I've had experience with a older tortoise going back to something in the following days after a first experience. A board had popped loose from a rotted post and the 20yr old tortoise went through the opening. I brought him back to his house and fixed the fence (temporarily, not a permanent fix). The next day as soon as his shed door was opened, he headed right back to that spot...it was around the greenhouse and about 25' from the shed. He just pushed and climbed and pushed until he moved my temp. fix and went through again.

I've also seen two younger leopard tortoises go back the next day to the same spot where on the previous day they had found a nice, fresh, tasty dog poop, looking/hoping to find such a reward again.

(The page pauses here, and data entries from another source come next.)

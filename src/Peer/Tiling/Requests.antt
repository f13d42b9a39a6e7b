-- ===== src/Peer/Tiling/Requests.antt =====
-- The requests that Peer::requestPiece, src/torrent/peer.cpp, writes for the blocks of a piece.
use mathlib.Core.List.{append_assoc, append-nil}
use ytorrent.Base.{
  ℕ, zero, suc, ◌+◌, ◌-◌, ◌*◌, ◌%◌, ◌^◌, ◌<◌, ◌≤◌, min, ◌≡◌, refl, ap, sym, ◌∙◌, List, [], ◌∷◌,
  ◌++◌, map, true, false, arith, done, ◌>>=◌, if◌then◌else◌,
}
use ytorrent.Net.Link.{write, write_message, is_connected}
use ytorrent.Net.Outgoing.{bytes_of, size_of, add_custom, add_u8, add_u32}
use ytorrent.Utils.Transcoder.{write_as_be32}
use ytorrent.Client.{
  Client, Peer, max_block_request_size, peer_choking, test_state, run_peer, set_peer,
  remotely_choked,
}
use ytorrent.Torrent.Sizes.{piece_size}
use ytorrent.Torrent.Swarm.{handle_error}
use ytorrent.Peer.MessageId
use ytorrent.Peer.Send.{send_request, request_message, write_out}
use ytorrent.Peer.Request.{request_piece, each_block, num_blocks}
use ytorrent.Peer.Tiling.{tiles, tiling, for_all, each_block-tiling}

-- The peer after further buffers were handed to asio.
abbrev pub asked : List (List ℕ) → Peer → Peer
asked buffers x = record x { conn = record x.conn { written = x.conn.written ++ buffers } }

-- The bytes of the request for a block.
abbrev pub request_of : ℕ → ℕ × ℕ → List ℕ
request_of index (begin, size) =
    (request_message MessageId.request (index % 2 ^ 32) begin size).data_buffer

small_mod : (n : ℕ) → n < 2 ^ 32 → n % 2 ^ 32 ≡ n
small_mod n h = omega arith

send_request-open :
    (index begin size : ℕ) (x : Peer)
    → is_connected x.conn ≡ true
    → begin < 2 ^ 32
    → size < 2 ^ 32
    → send_request index begin size x ≡ done (asked (request_of index (begin, size) ∷ []) x)
unfolding send_request write_out write_message write is_connected bytes_of size_of request_message
    add_custom add_u8 add_u32 write_as_be32
send_request-open index begin size x o hb hs = rw (small_mod begin hb, small_mod size hs, o) refl

asked-asked :
    (first rest : List (List ℕ)) (x : Peer) → asked rest (asked first x) ≡ asked (first ++ rest) x
asked-asked first rest x =
    ap (λ w. record x { conn = record x.conn { written = w } })
      (append_assoc x.conn.written first rest)

asked-nil : (x : Peer) → x ≡ asked [] x
asked-nil x =
    ap (λ w. record x { conn = record x.conn { written = w } }) (sym (append-nil x.conn.written))

for_all-send_request :
    (index i n size : ℕ) (x : Peer)
    → i + n ≤ num_blocks size
    → size < 2 ^ 32
    → is_connected x.conn ≡ true
    → for_all (send_request index) (tiles i n size) x
      ≡ done (asked (map (request_of index) (tiles i n size)) x)
unfolding for_all tiles num_blocks is_connected
for_all-send_request index i zero size x h k o = ap done (asked-nil x)
for_all-send_request index i (suc n) size x h k o =
    ap (λ m. m >>= for_all (send_request index) (tiles (suc i) n size))
      (send_request-open index (i * max_block_request_size)
        (min max_block_request_size (size - i * max_block_request_size)) x o (omega arith)
        (omega arith))
    ∙ for_all-send_request index (suc i) n size _ (omega arith) k o
    ∙ ap done (asked-asked _ (map (request_of index) (tiles (suc i) n size)) x)

-- Where the remote peer does not choke us, its socket is open, and the piece has a size from 1 byte on
-- that fits a uint32_t, requestPiece returns: it has handed one request for each block of the piece to
-- the socket, in order, and changed nothing else.
pub request_piece-requests :
    (p index size : ℕ) (c : Client)
    → test_state peer_choking (c.peers p) ≡ false
    → is_connected (c.peers p).conn ≡ true
    → piece_size c.torrent index ≡ done size
    → 0 < size
    → size < 2 ^ 32
    → request_piece p index c
      ≡ done (set_peer p (asked (map (request_of index) (tiling size)) (c.peers p)) c)
unfolding request_piece
request_piece-requests p index size c u o s h k =
    ap
      (λ b.
        if b
        then done (handle_error p remotely_choked c)
        else (piece_size c.torrent index >>= λ n. run_peer p (each_block (send_request index) n) c))
      u
    ∙ ap (λ m. m >>= λ n. run_peer p (each_block (send_request index) n) c) s
    ∙ ap (λ m. m >>= λ x. done (set_peer p x c))
        (each_block-tiling (send_request index) size (c.peers p) h
          ∙ for_all-send_request index 0 (num_blocks size) size (c.peers p) (omega arith) k o)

So, to answer your question, I think if the reward was interesting enough, a tortoise can be taught something.


----------



## mike taylor (Dec 6, 2013)

You know they are smart little trouble shooters . They will test your thinking . My tortoise learned how to go into his tortoise house by placing food in there in only two days . He also knows where the gate to his enclosure is . He sees me coming and he will meet me at the gate . I also let him out to the front yard on the weekends he will wait by the gate ready to go . He knows where a good clover patch is and goes straight to it . So yes you can teach them things . But I don't think one would get you a beer or anything.


----------



## katsbabey (Dec 6, 2013)

Mine 12 yr old sulcata named babey takes walks, sleeps at the end of my bed, she'll climb up in your lap to rocking chair,she goes to fridge pick her food go to her bowl then tells me she's done then hits back door to get out for a walk she'll walk in step with me for hrs. She gives kisses goodnight to...I've had her about 6 months she did none of this before coming back to me


----------



## JaneMorgendorffer (Dec 8, 2013)

Thanks for the entertaining stories, everybody! However not everybody mentioned what kind of tortoise they have, are some species smarter/more mentally flexible than others?


----------



## edwardbo (Dec 8, 2013)

Yvonne ,didn't you have a tort that tipped over plants to hunt for slug every morning?.....love these stories ,but don't think you should kiss them on the lips .yuck,they eat caca .


----------